Color photograph of people on bird watching walk around Lake Mattamuskeet

Bird watching nature walk at Mattamuskeet National Wildlife Refuge.
 

In 1929, the Land Acquisitions Division of the U. S. Department of Agriculture, Bureau of Biological Survey, approached the New Holland Corporation concerning buying the lake and allowing it to refill for a wildlife refuge. Five years later, on October 10, 1934, New Holland Corporation sold its 49,925 acre lake property to the U. S. Government for $311,943. By executive order dated December 18, 1934, President Franklin D. Roosevelt designated the property to be the Lake Mattamuskeet Migratory Bird Refuge. The federal government had created nearby Swan Quarter Refuge two years earlier, in 1932. 

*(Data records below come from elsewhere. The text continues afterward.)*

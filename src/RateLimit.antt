-- ===== src/RateLimit.antt =====
-- apps/backend/app/core/rate_limit.py: the budget class of a request, the fixed-window counters in
-- process memory, and the middleware's decision. Texts are lists of code points. The monotonic clock
-- counts microseconds and each reading is an argument; so is the user id that a valid access token
-- names, since the token is checked by a third-party library, and the peer's address. The store in
-- Redis is not modelled, but for its being unreachable, which is the argument `unavailable`.
pub mod Limits
pub mod Routes
pub mod Dispatch
use partha.Prelude.{
  ℕ, ◌+◌, ◌-◌, ◌/◌, Bool, true, false, not, ◌&&◌, ◌||◌, Option, none, some, List, [], ◌∷◌, ◌++◌,
  ◌==◌, leb, ltb, coalesce, if◌then◌else◌,
}
use partha.Prelude.Text.{codes}
use partha.Text.{same_text, one_of, starts_with, ends_with}
use partha.Jobs.{seconds}

pub data BudgetClass : Type 0 where
  auth ai heavy default : BudgetClass

abbrev pub is_exempt : List ℕ → Bool
is_exempt path =
    one_of path (codes "/health" ∷ codes "/ready" ∷ codes "/metrics" ∷ [])
    || starts_with path (codes "/docs")
    || starts_with path (codes "/redoc")
    || starts_with path (codes "/openapi.json")

abbrev pub is_heavy : List ℕ → Bool
is_heavy path =
    one_of path (
      codes "/repositories/upload"
      ∷ codes "/repositories/github"
      ∷ codes "/documentation/generate"
      ∷ codes "/export"
      ∷ [])
    || (starts_with path (codes "/analysis/") && ends_with path (codes "/start"))

unfoldable pub classify : List ℕ → List ℕ → Option BudgetClass
classify method path =
    if same_text method (codes "OPTIONS") || is_exempt path
    then none
    else if same_text method (codes "POST")
        && one_of path (codes "/auth/login" ∷ codes "/auth/register" ∷ codes "/waitlist" ∷ [])
    then some auth
    else if same_text path (codes "/ai") || starts_with path (codes "/ai/")
    then some ai
    else if same_text method (codes "POST") && is_heavy path
    then some heavy
    else some default

abbrev pub resolve_rate_key : Option (List ℕ) → Option (List ℕ) → List ℕ
resolve_rate_key (some user_id) host = codes "user:" ++ user_id
resolve_rate_key none host = codes "ip:" ++ coalesce host (codes "unknown")

-- The value under a key of `_windows`.
pub record Window : Type 0 where
  pub start : ℕ
  pub count : ℕ

abbrev pub Windows : Type 0
Windows = List (List ℕ × Window)

-- `dict.get`
abbrev pub lookup : List ℕ → Windows → Option Window
lookup key [] = none
lookup key ((k, w) ∷ rest) = if same_text k key then some w else lookup key rest

-- `dict[key] = window`
abbrev pub store : List ℕ → Window → Windows → Windows
store key window [] = (key, window) ∷ []
store key window ((k, w) ∷ rest) =
    let after = store key window rest in
    if same_text k key then (k, window) ∷ rest else (k, w) ∷ after

-- The window that a hit counts in.
abbrev pub current : ℕ → ℕ → Window → Window
current now window_seconds w =
    if leb (seconds window_seconds) (now - w.start) then record { start = now; count = 0 } else w

-- `max(1, ceil(...))` of a time in microseconds, in seconds.
abbrev pub ceil_seconds : ℕ → ℕ
ceil_seconds d = (d + 999999) / 1000000

abbrev pub at_least_one : ℕ → ℕ
at_least_one n = if leb 1 n then n else 1

-- The count and the seconds to the next window.
unfoldable pub hit : ℕ → List ℕ → ℕ → Windows → (ℕ × ℕ) × Windows
hit now key window_seconds windows =
    let w =
      current now window_seconds
        (coalesce (lookup key windows) (record { start = now; count = 0 })) in
    let count = w.count + 1 in
    let retry_after = at_least_one (ceil_seconds (seconds window_seconds - (now - w.start))) in
    ((count, retry_after), store key (record { start = w.start; count = count }) windows)

pub record Settings : Type 0 where
  pub rate_limit_enabled : Bool
  pub rate_limit_auth_per_minute : ℕ
  pub rate_limit_ai_per_minute : ℕ
  pub rate_limit_heavy_per_minute : ℕ
  pub rate_limit_default_per_minute : ℕ

abbrev pub budget : Settings → BudgetClass → ℕ
budget settings auth = settings.rate_limit_auth_per_minute
budget settings ai = settings.rate_limit_ai_per_minute
budget settings heavy = settings.rate_limit_heavy_per_minute
budget settings default = settings.rate_limit_default_per_minute

abbrev pub class_name : BudgetClass → List ℕ
class_name auth = codes "auth"
class_name ai = codes "ai"
class_name heavy = codes "heavy"
class_name default = codes "default"

-- What the middleware needs of a request: the user id is that of a valid access token.
pub record Request : Type 0 where
  pub method : List ℕ
  pub path : List ℕ
  pub user_id : Option (List ℕ)
  pub host : Option (List ℕ)

-- The request goes on to the application, or is answered with 429 and its `Retry-After`.
pub data Response : Type 0 where
  passed : Response
  rate_limited : ℕ → Response

abbrev pub bucket : Request → BudgetClass → List ℕ
bucket request c = class_name c ++ codes ":" ++ resolve_rate_key request.user_id request.host

unfoldable pub charge : Settings → Request → BudgetClass → ℕ → Windows → Response × Windows
charge settings request c now windows =
    let ((count, retry_after), after) = hit now (bucket request c) 60 windows in
    (if leb (count) (budget settings c) then passed else rate_limited retry_after, after)

unfoldable pub dispatch : Settings → Request → Bool → ℕ → Windows → Response × Windows
unfolding charge
dispatch settings request unavailable now windows =
    if not settings.rate_limit_enabled
    then (passed, windows)
    else elim (classify request.method request.path) [
      | none ↦ (passed, windows)
      | some c ↦ if unavailable then (passed, windows) else charge settings request c now windows
    ]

The Refuge began immediately to convert the lake property from a farming operation to a sanctuary for migratory waterfowl and other forms of wildlife. They planted vegetation in and around the lake to feed the birds and wildlife, and installed flood gates in the man-made canals from the lake to the Pamlico Sound to prevent uncontrolled salt-water intrusion during periods of extreme high tides. During the drainage years, Hyde residents drove across the drained lakebed to get to distant points in the county. In the 1940s, the State of North Carolina built a causeway across the lake from south to north. This eliminated the necessity of driving around the huge lake to get from one side of the county to the other.